Diese Fallkonstellation ist vorliegend gegeben. Nachdem das Amtsgericht sogar den Angeklagten selber dazu aufgefordert hatte, einen Pflichtverteidiger zwecks Beiordnung zu benennen und dieser Antrag unmittelbar nach Aufforderung gestellt worden war, hat das Amtsgericht diesen Antrag versehentlich nicht beschieden. Vielmehr wurde die Anklage zur Hauptverhandlung zugelassen und das Hauptverfahren unter Verbindung mit einem weiteren Verfahren eröffnet und eine Hauptverhandlung durchgeführt, an der der Verteidiger auch teilgenommen hat. Der Beschwerdeführer durfte im Hinblick auf das Anschreiben des Amtsgerichts. dass eine Beiordnung eines Pflichtverteidigers beabsichtigt sei und sein Verteidiger sich rechtzeitig für ihn zu den Akten gemeldet hatte, auch darauf vertrauen, dass eine Beiordnung erfolgen würde.
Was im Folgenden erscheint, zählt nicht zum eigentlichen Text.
-- ===== src/Operations/Wait/Updates.antt =====
-- The updates that a wait delivers. Whatever `publish` keeps, the whole wait keeps.
use forward_go_sdk.Prelude.{
  ℕ, ◌+◌, ◌≡◌, refl, sym, ◌∙◌, arith, Option, none, some, List, [], ◌∷◌, ◌++◌, Bool-cases,
  Option-cases, inl, inr, some_inj,
}
use mathlib.Core.Path.{subst}
use forward_go_sdk.Text.{Text, is_empty}
use forward_go_sdk.Operations.Types.{
  snapshot_phase, Phase, Snapshot, CollectorTask, CollectionState, Operation, Update, WaitOptions,
  Limits, normalize, Reply, answer, refusal, publish,
}
use forward_go_sdk.Operations.Discover.{discover, find}
use forward_go_sdk.Rounds.{Step, Ended, out_of_fuel, finished, left, repeat_inv, Keeps, Holds}
use forward_go_sdk.Operations.Collection.{
  TaskRound, ListRound, Locals, Result, task_round, task_reply, after_task, appearance_round,
  appearance_reply, appearance_found, after_found, fail, succeed,
}
use forward_go_sdk.Operations.Known.{
  stamped, known_round, known_reply, after_known, still_waiting, observed_known,
}
use forward_go_sdk.Operations.Wait.{
  World, wait, wait_known, after_listings, after_tasks, wait_from, ended, settled,
}

-- `P` holds on, whatever is published.
abbrev Closed : (Operation CollectionState → Type 0) → Type 0
Closed P =
    (next : CollectionState) (attempt : ℕ) (op : Operation CollectionState)
    → P op
    → P (publish next attempt op)

module _ (P : Operation CollectionState → Type 0) (kept : Closed P) where
  abbrev Of : Locals → Type 0
  Of l = P l.op

  abbrev OfResult : Result → Type 0
  OfResult r = P r.op

  abbrev Kept : Step Locals Result → Type 0
  Kept = Keeps Of Of OfResult

  after_task-Kept :
      (r : TaskRound) (task : CollectorTask) (l : Locals) → Of l → Kept (after_task r task l)
  unfolding after_task fail
  after_task-Kept r task l h = ground arith

  task_reply-Kept :
      (parse : Text → Option ℕ) (r : TaskRound) (reply : Reply CollectorTask) (l : Locals)
      → Of l
      → Kept (task_reply parse r reply l)
  unfolding task_reply fail
  task_reply-Kept parse r (refusal e) l h = h
  task_reply-Kept parse r (answer task) l h = after_task-Kept r task _ (kept _ _ l.op h)

  after_found-Kept : (s : Snapshot) (l : Locals) → Of l → Kept (after_found s l)
  unfolding after_found fail succeed
  after_found-Kept s l h = ground arith

  appearance_found-Kept :
      (deadline : ℕ) (r : ListRound) (o : Option Snapshot) (l : Locals)
      → Of l
      → Kept (appearance_found deadline r o l)
  unfolding appearance_found fail
  appearance_found-Kept deadline r none l h = ground (arith, kept l.state (l.attempt + 1) l.op h)
  appearance_found-Kept deadline r (some s) l h = after_found-Kept s _ (kept _ _ l.op h)

  appearance_round-Kept :
      (parse : Text → Option ℕ) (deadline : ℕ) (r : ListRound) (l : Locals)
      → Of l
      → Kept (appearance_round parse deadline r l)
  unfolding appearance_round appearance_reply fail
  appearance_round-Kept parse deadline r l h =
      elim (Bool-cases (is_empty l.state.handle.snapshot_id)) [
        | inl e ↦ rw e (by_reply r.reply)
        | inr e ↦ rw e h
      ]
    where
      by_reply : (reply : Reply (List Snapshot)) → Kept (appearance_reply parse deadline r reply l)
      by_reply (refusal e) = h
      by_reply (answer ss) = appearance_found-Kept deadline r (discover parse l.state.handle ss) l h

  still_waiting-Kept :
      (limits : Limits) (deadline : ℕ) (r : ListRound) (l : Locals)
      → Of l
      → Kept (still_waiting limits deadline r l)
  unfolding still_waiting fail
  still_waiting-Kept limits deadline r l h = ground arith

  known_reply-Kept :
      (limits : Limits) (deadline : ℕ) (r : ListRound) (reply : Reply (List Snapshot)) (l : Locals)
      → Of l
      → Kept (known_reply limits deadline r reply l)
  unfolding known_reply fail
  known_reply-Kept limits deadline r (refusal e) l h = h
  known_reply-Kept limits deadline r (answer ss) l h = by_find (find l.state.handle.snapshot_id ss)
    where
      by_find : (o : Option Snapshot) → Kept (after_known limits deadline r o (observed_known o l))
      by_find none =
          unfold after_known observed_known in
          still_waiting-Kept limits deadline r _ (kept _ _ l.op h)
      by_find (some s) =
          unfold after_known observed_known succeed fail in
          ground (
            arith,
            kept (record l.state { snapshot = some s; phase = snapshot_phase s }) (l.attempt + 1)
                l.op h,
          )

  stamped_kept : (now : ℕ) (l : Locals) → Of l → Of (stamped now l)
  unfolding stamped
  stamped_kept now l h = ground (
    arith,
    kept (record l.state { handle = record l.state.handle { processing_started_at = now } })
        l.attempt l.op h,
  )

  module _ (parse : Text → Option ℕ) (limits : Limits) (fuel : ℕ) (w : World) where
    abbrev KeptEnd : Option Result → Type 0
    KeptEnd none = Unit {0}
    KeptEnd (some r) = OfResult r

    ended_kept : (e : Ended Locals Result) → Holds Of OfResult e → KeptEnd (ended e)
    unfolding ended
    ended_kept out_of_fuel h = tt
    ended_kept (finished r) h = h
    ended_kept (left l) h = tt

    wait_known_kept : (l : Locals) → Of l → KeptEnd (wait_known parse limits fuel w l)
    unfolding wait_known known_round
    wait_known_kept l h = ended_kept _ (
        repeat_inv _ (λ i. Of) Of OfResult
          (λ i l' k. known_reply-Kept limits _ (w.finds i) (w.finds i).reply l' k) fuel 0 _
          (stamped_kept w.now_known l h))

    after_listings_kept :
        (e : Ended Locals Result)
        → Holds Of OfResult e
        → KeptEnd (after_listings parse limits fuel w e)
    unfolding after_listings
    after_listings_kept out_of_fuel h = tt
    after_listings_kept (finished r) h = h
    after_listings_kept (left l) h = wait_known_kept l h

    after_tasks_kept :
        (e : Ended Locals Result)
        → Holds Of OfResult e
        → KeptEnd (after_tasks parse limits fuel w e)
    unfolding after_tasks
    after_tasks_kept out_of_fuel h = tt
    after_tasks_kept (finished r) h = h
    after_tasks_kept (left l) h = after_listings_kept _ (
        repeat_inv _ (λ i. Of) Of OfResult
          (λ i l' k. appearance_round-Kept parse _ (w.listings i) l' k) fuel 0 l h)

    wait_from_kept : (l : Locals) → Of l → KeptEnd (wait_from parse limits fuel w l)
    unfolding wait_from task_round
    wait_from_kept l h = elim (Bool-cases (is_empty l.state.handle.snapshot_id)) [
      | inl e ↦ rw e (
          after_tasks_kept _ (
            repeat_inv _ (λ i. Of) Of OfResult
              (λ i l' k. task_reply-Kept parse (w.tasks i) (w.tasks i).reply l' k) fuel 0 l h))
      | inr e ↦ rw e (wait_known_kept l h)
    ]

settled_op :
    (op : Operation CollectionState) (phase : Phase) (snapshot : Option Snapshot) (r : Result)
    → settled op phase snapshot ≡ some r
    → op ≡ r.op
settled_op op phase snapshot r h = ground arith

module _ (P : Operation CollectionState → Type 0) (kept : Closed P) where
  wait_kept :
      (parse : Text → Option ℕ) (options : WaitOptions) (fuel : ℕ) (w : World)
      (op : Operation CollectionState) (r : Result)
      → P op
      → wait parse options fuel w op ≡ some r
      → P r.op
  unfolding wait
  wait_kept parse options fuel w op r p h =
      elim (Option-cases (settled op op.state.phase op.state.snapshot)) [
        | inl q ↦
            conclude _ (wait_from_kept P kept parse (normalize options) fuel w l p)
              (rw (q, wait) at h)
        | inr (r', q) ↦
            subst P (settled_op op op.state.phase op.state.snapshot r (q ∙ rw (q, wait) at h)) p
      ]
    where
      l : Locals
      l = record { state = op.state; attempt = 0; misses = 0; op = op }

      conclude :
          (m : Option Result)
          → KeptEnd P kept parse (normalize options) fuel w m
          → m ≡ some r
          → P r.op
      conclude none k q = cc
      conclude (some r') k q = subst (λ x. P x.op) (some_inj q) k

-- The updates lead from one state to another, each beginning where the one before it ended.
abbrev pub Chain : CollectionState → List (Update CollectionState) → CollectionState → Type 0
Chain s [] t = s ≡ t
Chain s (u ∷ us) t = (u.previous ≡ s) × Chain u.current us t

Chain-append :
    (s t next : CollectionState) (us : List (Update CollectionState)) (attempt : ℕ)
    → Chain s us t
    → Chain s (us ++ (record { previous = t; current = next; attempt = attempt }) ∷ []) next
Chain-append s t next [] attempt h = (sym h, refl)
Chain-append s t next (u ∷ us) attempt h = (h.0, Chain-append u.current t next us attempt h.1)

-- The updates that a wait on an operation without earlier ones delivers form a chain: the first begins in the state that the operation
-- had, each next one in the state that the one before it published, and the last one ends in the
-- state that the operation has after the wait.
pub wait_updates-Chain :
    (parse : Text → Option ℕ) (options : WaitOptions) (fuel : ℕ) (w : World) (s : CollectionState)
    (r : Result)
    → wait parse options fuel w (record { state = s; updates = [] }) ≡ some r
    → Chain s r.op.updates r.op.state
wait_updates-Chain parse options fuel w s r h =
    wait_kept (λ op. Chain s op.updates op.state) chained parse options fuel w
      (record { state = s; updates = [] }) r refl h
  where
    chained : Closed (λ op. Chain s op.updates op.state)
    chained next attempt op k = unfold publish in Chain-append s op.state next op.updates attempt k
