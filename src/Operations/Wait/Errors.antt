-- ===== src/Operations/Wait/Errors.antt =====
-- What the errors of `waitForKnownSnapshot` say of the rounds that led to them.
use forward_go_sdk.Prelude.{
  ℕ, suc, ◌+◌, ◌≤◌, ◌<◌, ◌≡◌, refl, ap, arith, true, Option, none, some, List, Bool-cases, inl, inr,
  some_inj, leb, leb→le, leb_false→lt, ltb, ltb→lt, ltb_false→le,
}
use mathlib.Core.Path.{subst}
use forward_go_sdk.Text.{Text}
use forward_go_sdk.Operations.Types.{
  Phase, succeeded, failed, Snapshot, WaitError, request_error, cancelled, snapshot_ended,
  processing_timeout, disappeared, Limits, Reply, answer, refusal, snapshot_phase,
  snapshot_terminal_error, is_past,
}
use forward_go_sdk.Operations.Discover.{find}
use forward_go_sdk.Rounds.{Step, Ended, out_of_fuel, finished, left, repeat, repeat_last, Keeps}
use forward_go_sdk.Operations.Collection.{ListRound, Locals, Result, fail, succeed}
use forward_go_sdk.Operations.Known.{
  stamped, known_round, known_reply, after_known, still_waiting, observed_known,
}
use forward_go_sdk.Operations.Wait.{World, wait_known, ended}

module _ (limits : Limits) (deadline : ℕ) (id : Text) (finds : ℕ → ListRound) where
  -- Round `j` had a list without the snapshot.
  abbrev pub Absent : ℕ → Type 0
  Absent j = (ss : List Snapshot) × ((finds j).reply ≡ answer ss) × (find id ss ≡ none)

  -- Round `j` had the snapshot `s` in its list.
  abbrev pub Present : ℕ → Snapshot → Type 0
  Present j s = (ss : List Snapshot) × ((finds j).reply ≡ answer ss) × (find id ss ≡ some s)

  -- What an error that ended the wait in round `k` says of the rounds up to it.
  abbrev pub Explained : ℕ → Option WaitError → Type 0
  Explained k none = (s : Snapshot) × Present k s × (snapshot_phase s ≡ succeeded)
  Explained k (some (disappeared n)) =
      (n ≡ limits.missing_threshold)
      × ((i : ℕ) × (i + n ≡ k + 1) × ((j : ℕ) → i ≤ j → j ≤ k → Absent j))
  Explained k (some processing_timeout) = deadline ≤ (finds k).now_deadline
  Explained k (some cancelled) = (finds k).cancelled ≡ true
  Explained k (some (request_error e)) = (finds k).reply ≡ refusal e
  Explained k (some (snapshot_ended a b)) =
      (s : Snapshot) × Present k s × (snapshot_phase s ≡ failed) × (a ≡ s.id) × (b ≡ s.state)
  Explained k (some _) = ⊥

  -- Before round `i`, the last `misses` rounds had no snapshot, fewer than the threshold.
  record Searching (i : ℕ) (l : Locals) : Type 0 where
    same_id : l.state.handle.snapshot_id ≡ id
    few : l.misses < limits.missing_threshold
    start : ℕ
    last : start + l.misses ≡ i
    missed : (j : ℕ) → start ≤ j → j < i → Absent j

  abbrev Truthful : ℕ → Result → Type 0
  Truthful k r = Explained k r.error

  -- Round `i` goes on with the invariant, or ends the wait with the truth.
  abbrev Kept : ℕ → Step Locals Result → Type 0
  Kept i = Keeps (Searching (i + 1)) (λ _. ⊥) (Truthful i)

  still_waiting-Kept :
      (i : ℕ) (l : Locals)
      → l.state.handle.snapshot_id ≡ id
      → (start : ℕ) → start + l.misses ≡ i + 1
      → l.misses ≤ limits.missing_threshold
      → ((j : ℕ) → start ≤ j → j < i + 1 → Absent j)
      → Kept i (still_waiting limits deadline (finds i) l)
  unfolding still_waiting fail is_past
  still_waiting-Kept i l e start last few missed =
      elim (Bool-cases (leb limits.missing_threshold l.misses)) [
        | inl p ↦ rw p (
          omega (arith, leb→le limits.missing_threshold l.misses p),
          (
            start,
            omega (arith, leb→le limits.missing_threshold l.misses p),
            λ j h k. missed j h (omega arith),
          ),
        )
        | inr p ↦ elim (Bool-cases (leb deadline (finds i).now_deadline)) [
          | inl q ↦ rw (p, q) (leb→le deadline (finds i).now_deadline q)
          | inr q ↦ elim (Bool-cases (finds i).cancelled) [
            | inl c ↦ rw (p, q, c) c
            | inr c ↦
                rw (p, q, c)
                  (record {
                    same_id = e;
                    few = leb_false→lt limits.missing_threshold l.misses p;
                    start = start;
                    last = last;
                    missed = missed;
                  })
          ]
        ]
      ]

  found-Kept :
      (i : ℕ) (ss : List Snapshot) (l : Locals) (s : Snapshot)
      → (finds i).reply ≡ answer ss
      → find id ss ≡ some s
      → l.state.handle.snapshot_id ≡ id
      → 0 < limits.missing_threshold
      → (phase : Phase) → snapshot_phase s ≡ phase
      → Kept i (after_known limits deadline (finds i) (some s) (observed_known (some s) l))
  unfolding after_known observed_known succeed fail snapshot_terminal_error
  found-Kept i ss l s q p e t succeeded k = rw (k, after_known) (s, (ss, q, p), k)
  found-Kept i ss l s q p e t failed k = rw (k, after_known) (s, (ss, q, p), k, refl, refl)
  found-Kept i ss l s q p e t _ k =
      rw (k, after_known)
        (still_waiting-Kept i _ e (i + 1) (omega arith) (omega arith)
          (λ j a b. absurd (omega arith)))

  known_reply-Kept :
      (i : ℕ) (reply : Reply (List Snapshot)) (l : Locals)
      → (finds i).reply ≡ reply
      → 0 < limits.missing_threshold
      → Searching i l
      → Kept i (known_reply limits deadline (finds i) reply l)
  unfolding known_reply fail
  known_reply-Kept i (refusal e) l q t h = q
  known_reply-Kept i (answer ss) l q t h =
      by_find (find l.state.handle.snapshot_id ss)
        (subst (λ x. find x ss ≡ find l.state.handle.snapshot_id ss) h.same_id refl)
    where
      by_find :
          (o : Option Snapshot)
          → find id ss ≡ o
          → Kept i (after_known limits deadline (finds i) o (observed_known o l))
      by_find none p =
          unfold after_known observed_known in
          still_waiting-Kept i _ h.same_id h.start (omega (arith, h.last)) (omega (arith, h.few))
            (λ j a b. elim (Bool-cases (ltb j i)) [
              | inl c ↦ h.missed j a (ltb→lt j i c)
              | inr c ↦ subst Absent (equal j b (ltb_false→le j i c)) (ss, q, p)
            ])
        where
          equal : (j : ℕ) → j < i + 1 → i ≤ j → i ≡ j
          equal j b c = omega arith
      by_find (some s) p = found-Kept i ss l s q p h.same_id t (snapshot_phase s) refl

-- The last loop ends in one round `k`: with fuel for the rounds before it, it has not ended, and with
-- one more it gives the result. An error says the truth of round `k`: "disappeared after n
-- observations" that the last n rounds, up to `k` and as many as the threshold, had lists without
-- the snapshot; the processing timeout that the clock read in round `k` had reached the start of
-- processing plus the timeout; a cancellation, and the error of a request, that round `k` had it;
-- and a terminal state that the list of round `k` held the snapshot in a failed state, which the
-- error names. Without an error the list of round `k` held the snapshot in a state of success. The
-- threshold is above 0.
pub known_errors-Explained :
    (parse : Text → Option ℕ) (limits : Limits) (fuel : ℕ) (w : World) (l : Locals) (r : Result)
    → 0 < limits.missing_threshold
    → wait_known parse limits fuel w l ≡ some r
    → let h = (stamped w.now_known l).state.handle in
      (k : ℕ) × (wait_known parse limits k w l ≡ none)
      × (wait_known parse limits (suc k) w l ≡ some r)
      × Explained limits
          (h.processing_started_at + limits.processing_timeout)
          h.snapshot_id
          w.finds
          k
          r.error
unfolding wait_known known_round ended
known_errors-Explained parse limits fuel w l r t e =
    let (k, before, here, known) =
      repeat_last rounds (Searching limits deadline id w.finds) (λ _. ⊥)
        (Truthful limits deadline id w.finds)
        (λ i l' h. known_reply-Kept limits deadline id w.finds i (w.finds i).reply l' refl t h) fuel
        0 start r
        (record {
          same_id = refl;
          few = t;
          start = 0;
          last = omega arith;
          missed = λ j a b. absurd (omega arith);
        })
        (ended-eq-some (repeat rounds fuel 0 start) e) in
    (
      k,
      ap ended before,
      ap ended here,
      subst (λ j. Explained limits deadline id w.finds j r.error) (zero_plus k) known,
    )
  where
    deadline : ℕ
    deadline =
        (stamped w.now_known l).state.handle.processing_started_at + limits.processing_timeout

    id : Text
    id = (stamped w.now_known l).state.handle.snapshot_id

    start : Locals
    start = record (stamped w.now_known l) { misses = 0 }

    rounds : ℕ → Locals → Step Locals Result
    rounds i = known_round limits deadline (w.finds i)

    ended-eq-some : (x : Ended Locals Result) → ended x ≡ some r → x ≡ finished r
    ended-eq-some out_of_fuel q = cc
    ended-eq-some (finished r') q = ap finished (some_inj q)
    ended-eq-some (left l') q = cc

    zero_plus : (k : ℕ) → 0 + k ≡ k
    zero_plus k = omega arith
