-- ===== src/Operations/Examples.antt =====
-- The theorems on the operations at a concrete collection, and tests of their parts.
use forward_go_sdk.Prelude.{
  ℕ, suc, ◌+◌, ◌≤◌, ◌==◌, ◌≡◌, ◌≢◌, ◌⊎◌, inl, refl, arith, true, false, Option, none, some, List,
  [], ◌∷◌, All, if◌then◌else◌, not,
}
use forward_go_sdk.Prelude.Int.{pos}
use forward_go_sdk.Text.{Text, codes, text_eq, is_empty, trim_space, equal_fold}
use forward_go_sdk.Operations.Types.{
  collecting, succeeded, processing_snapshot, Snapshot, CollectorTask, CollectionHandle,
  CollectionState, SnapshotHandle, SnapshotState, Operation, WaitOptions, normalize, normal_state,
  parse_operation_time, processed_state, answer, disappeared,
}
use forward_go_sdk.Operations.Discover.{
  discover, find, before_baseline, first_collected, is_collection,
}
use forward_go_sdk.Operations.Discover.Laws.{
  Discovered, NotBaseline, SplitAt, is_candidate, discover_sound, discover_complete,
}
use forward_go_sdk.Rounds.{repeat}
use forward_go_sdk.Operations.Handles.{resume_collection, resume_snapshot}
use forward_go_sdk.Operations.Uploads.{UploadResult, normalize_upload, upload_wait}
use forward_go_sdk.Operations.Uploads.Rounds.{IsAccounted}
use forward_go_sdk.Operations.Uploads.Laws.{upload_wait-IsAccounted}
use forward_go_sdk.Operations.Collection.{
  task_phase, task_round, appearance_round, TaskRound, ListRound, Locals, Result,
}
use forward_go_sdk.Operations.Known.{known_round, stamped}
use forward_go_sdk.Operations.Wait.{World, wait, wait_known}
use forward_go_sdk.Operations.Wait.Success.{TaskSucceeded, wait_success}
use forward_go_sdk.Operations.Wait.Ends.{TaskStops, wait_settles}
use forward_go_sdk.Operations.Wait.Updates.{Chain, wait_updates-Chain}
use forward_go_sdk.Operations.Wait.Errors.{Explained, known_errors-Explained}

-- Every date is the instant 7.
abbrev at_seven : Text → Option ℕ
at_seven t = some 7

abbrev shot : Text → Text → Snapshot
shot id state = record {
  id = id;
  state = state;
  created_at = codes "date";
  processing_trigger = codes "collection";
}

abbrev listed : List Snapshot
listed = shot (codes "s") (codes "PROCESSING") ∷ shot (codes "b") (codes "PROCESSED") ∷ []

abbrev processed : Snapshot
processed = shot (codes "s") (codes " processed")

abbrev handle : CollectionHandle
handle = record {
  network_id = codes "n";
  task_id = codes "t";
  baseline_snapshot_id = codes "b";
  snapshot_id = [];
  started_at = 5;
  appearance_started_at = 0;
  processing_started_at = 0;
}

abbrev task : Text → CollectorTask
task status = record {
  id = codes "t";
  network_id = codes "n";
  status = status;
  created_at = codes "date";
  finished_at = codes "date";
}

abbrev options : WaitOptions
options = record {
  poll_interval = pos 0;
  appearance_timeout = pos 100;
  processing_timeout = pos 100;
  missing_threshold = pos 2;
}

abbrev task_round_of : Text → ℕ → TaskRound
task_round_of status i = record { reply = answer (task status); now = i; cancelled = false }

abbrev list_round_of : List Snapshot → ℕ → ListRound
list_round_of ss i = record {
  reply = answer ss;
  now_found = i;
  now_deadline = i;
  cancelled = false;
}

-- The task runs at first; the snapshot is missing from the list once, and then processed.
abbrev world : World
world = record {
  tasks = λ i. task_round_of (if i == 0 then codes "RUNNING" else codes "SUCCEEDED") i;
  listings = λ i. list_round_of (if i == 0 then [] else listed) i;
  now_known = 9;
  finds = λ i. list_round_of (if i == 0 then [] else processed ∷ []) i;
}

abbrev begun : CollectionState
begun = record { handle = handle; phase = collecting; task = none; snapshot = none }

abbrev operation : Operation CollectionState
operation = record { state = begun; updates = [] }

abbrev run : Option Result
run = wait at_seven options 5 world operation

abbrev or_default : Option Result → Result
or_default none = record { snapshot = none; error = none; op = operation }
or_default (some r) = r

abbrev outcome : Result
outcome = or_default run

discover-listed : discover at_seven handle listed ≡ some (shot (codes "s") (codes "PROCESSING"))
unfolding discover before_baseline text_eq first_collected is_collection equal_fold
discover-listed = refl

-- A snapshot that no collection triggered, in front of the baseline, and one behind it.
abbrev uncollected : List Snapshot
uncollected =
    (record (shot (codes "m") []) { processing_trigger = codes "manual" })
    ∷ shot (codes "b") []
    ∷ shot (codes "o") []
    ∷ []

discover_old : discover at_seven handle uncollected ≡ none
unfolding discover before_baseline text_eq first_collected is_collection equal_fold
discover_old = refl

find-listed : find (codes "b") listed ≡ some (shot (codes "b") (codes "PROCESSED"))
unfolding find text_eq
find-listed = refl

discover_sound_example : Discovered at_seven handle listed (shot (codes "s") (codes "PROCESSING"))
discover_sound_example =
    discover_sound at_seven handle listed (shot (codes "s") (codes "PROCESSING")) discover-listed

discover_complete_example :
    (All (NotBaseline (codes "b")) uncollected
      × All (λ x. is_candidate at_seven (not (is_empty (codes "b"))) 5 x ≡ false) uncollected)
    ⊎ ((newer : List Snapshot) × SplitAt (codes "b") uncollected newer
        × All (λ x. is_collection x ≡ false) newer)
discover_complete_example = discover_complete at_seven handle uncollected discover_old

abbrev resumed : Operation CollectionState
resumed = record {
  state = record {
    handle = handle;
    phase = collecting;
    task = some (record {
      id = codes "t";
      network_id = codes "n";
      status = [];
      created_at = [];
      finished_at = [];
    });
    snapshot = none;
  };
  updates = [];
}

resume_handle : resume_collection 9 handle ≡ some resumed
unfolding resume_collection trim_space is_empty
resume_handle = refl

abbrev upload : SnapshotHandle
upload = record {
  network_id = codes " n";
  snapshot_id = codes "s";
  started_at = 0;
  appeared_at = 4;
}

abbrev resumed_upload : Operation SnapshotState
resumed_upload = record {
  state = record {
    handle = record {
      network_id = codes "n";
      snapshot_id = codes "s";
      started_at = 9;
      appeared_at = 4;
    };
    phase = processing_snapshot;
    snapshot = none;
  };
  updates = [];
}

resume_upload : resume_snapshot 9 upload ≡ some resumed_upload
unfolding resume_snapshot trim_space is_empty
resume_upload = refl

run_ends : run ≡ some outcome
unfolding wait is_empty repeat task_round appearance_round discover before_baseline first_collected
    parse_operation_time is_collection equal_fold normal_state known_round stamped
run_ends = refl

run_succeeds : outcome.error ≡ none
unfolding wait is_empty repeat task_round appearance_round discover before_baseline first_collected
    parse_operation_time is_collection equal_fold normal_state known_round stamped
run_succeeds = refl

run_begins : begun.phase ≢ succeeded
run_begins = λ p. ground arith

wait_success_example :
    (s : Snapshot) × (outcome.snapshot ≡ some s)
    × (outcome.op.state.snapshot ≡ some s)
    × (outcome.op.state.phase ≡ succeeded)
    × (normal_state s ≡ processed_state)
    × (is_empty [] ≡ true → TaskSucceeded outcome.op.state.task)
wait_success_example =
    wait_success at_seven options 5 world operation outcome run_begins run_ends run_succeeds

wait_updates-Chain_example : Chain begun outcome.op.updates outcome.op.state
wait_updates-Chain_example = wait_updates-Chain at_seven options 5 world begun outcome run_ends

second-TaskStops : TaskStops (world.tasks 1) (world.tasks 1).reply
unfolding task_phase
second-TaskStops = inl (λ p. ground arith)

wait_settles_example :
    (fuel : ℕ) × ((more : ℕ) → fuel ≤ more → wait at_seven options more world operation ≢ none)
wait_settles_example =
    wait_settles at_seven options world operation 1 second-TaskStops (λ t. (t, omega arith))
      (λ t. (t, omega arith))

-- The known snapshot is missing from every list.
abbrev empty_world : World
empty_world = record world { finds = λ i. list_round_of [] i }

abbrev known : Locals
known = record {
  state = record begun { handle = record handle { snapshot_id = codes "s" } };
  attempt = 0;
  misses = 0;
  op = operation;
}

abbrev lost : Result
lost = or_default (wait_known at_seven (normalize options) 5 empty_world known)

lost_ends : wait_known at_seven (normalize options) 5 empty_world known ≡ some lost
unfolding wait_known repeat known_round normalize stamped
lost_ends = refl

lost_disappeared : lost.error ≡ some (disappeared 2)
unfolding wait_known repeat known_round normalize stamped
lost_disappeared = refl

known_errors-Explained_example :
    let h = (stamped 9 known).state.handle in
    (k : ℕ) × (wait_known at_seven (normalize options) k empty_world known ≡ none)
    × (wait_known at_seven (normalize options) (suc k) empty_world known ≡ some lost)
    × Explained
        (normalize options)
        (h.processing_started_at + (normalize options).processing_timeout)
        h.snapshot_id
        empty_world.finds
        k
        lost.error
known_errors-Explained_example =
    known_errors-Explained at_seven (normalize options) 5 empty_world known lost
      (unfold normalize in omega arith) lost_ends

abbrev uploaded : Option UploadResult
uploaded = upload_wait options 5 9 world.finds resumed_upload

abbrev or_unchanged : Option UploadResult → UploadResult
or_unchanged none = record { snapshot = none; error = none; op = resumed_upload }
or_unchanged (some r) = r

uploaded_ends : uploaded ≡ some (or_unchanged uploaded)
unfolding upload_wait repeat normal_state
uploaded_ends = refl

upload_unfinished : resumed_upload.state.phase ≢ succeeded
upload_unfinished = λ p. ground arith

upload_wait-IsAccounted_example :
    let limits = normalize_upload options in
    IsAccounted limits
      (9 + limits.appearance_timeout)
      (codes "s")
      world.finds
      (or_unchanged uploaded)
upload_wait-IsAccounted_example =
    upload_wait-IsAccounted options 5 9 world.finds resumed_upload (or_unchanged uploaded)
      upload_unfinished uploaded_ends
Insofern bedurfte es auch keiner Erinnerung durch den Beschwerdeführer bzw. seines Anwaltes im Hinblick auf die Beiordnungsentscheidung. Die Nichtbescheidung des Antrags lag daher außerhalb seines Verantwortungsbereichs und beruhte auf rein internen Vorgängen beim Gericht.

Die Kostenentscheidung beruht auf einer analogen Anwendung des § 467 StPO.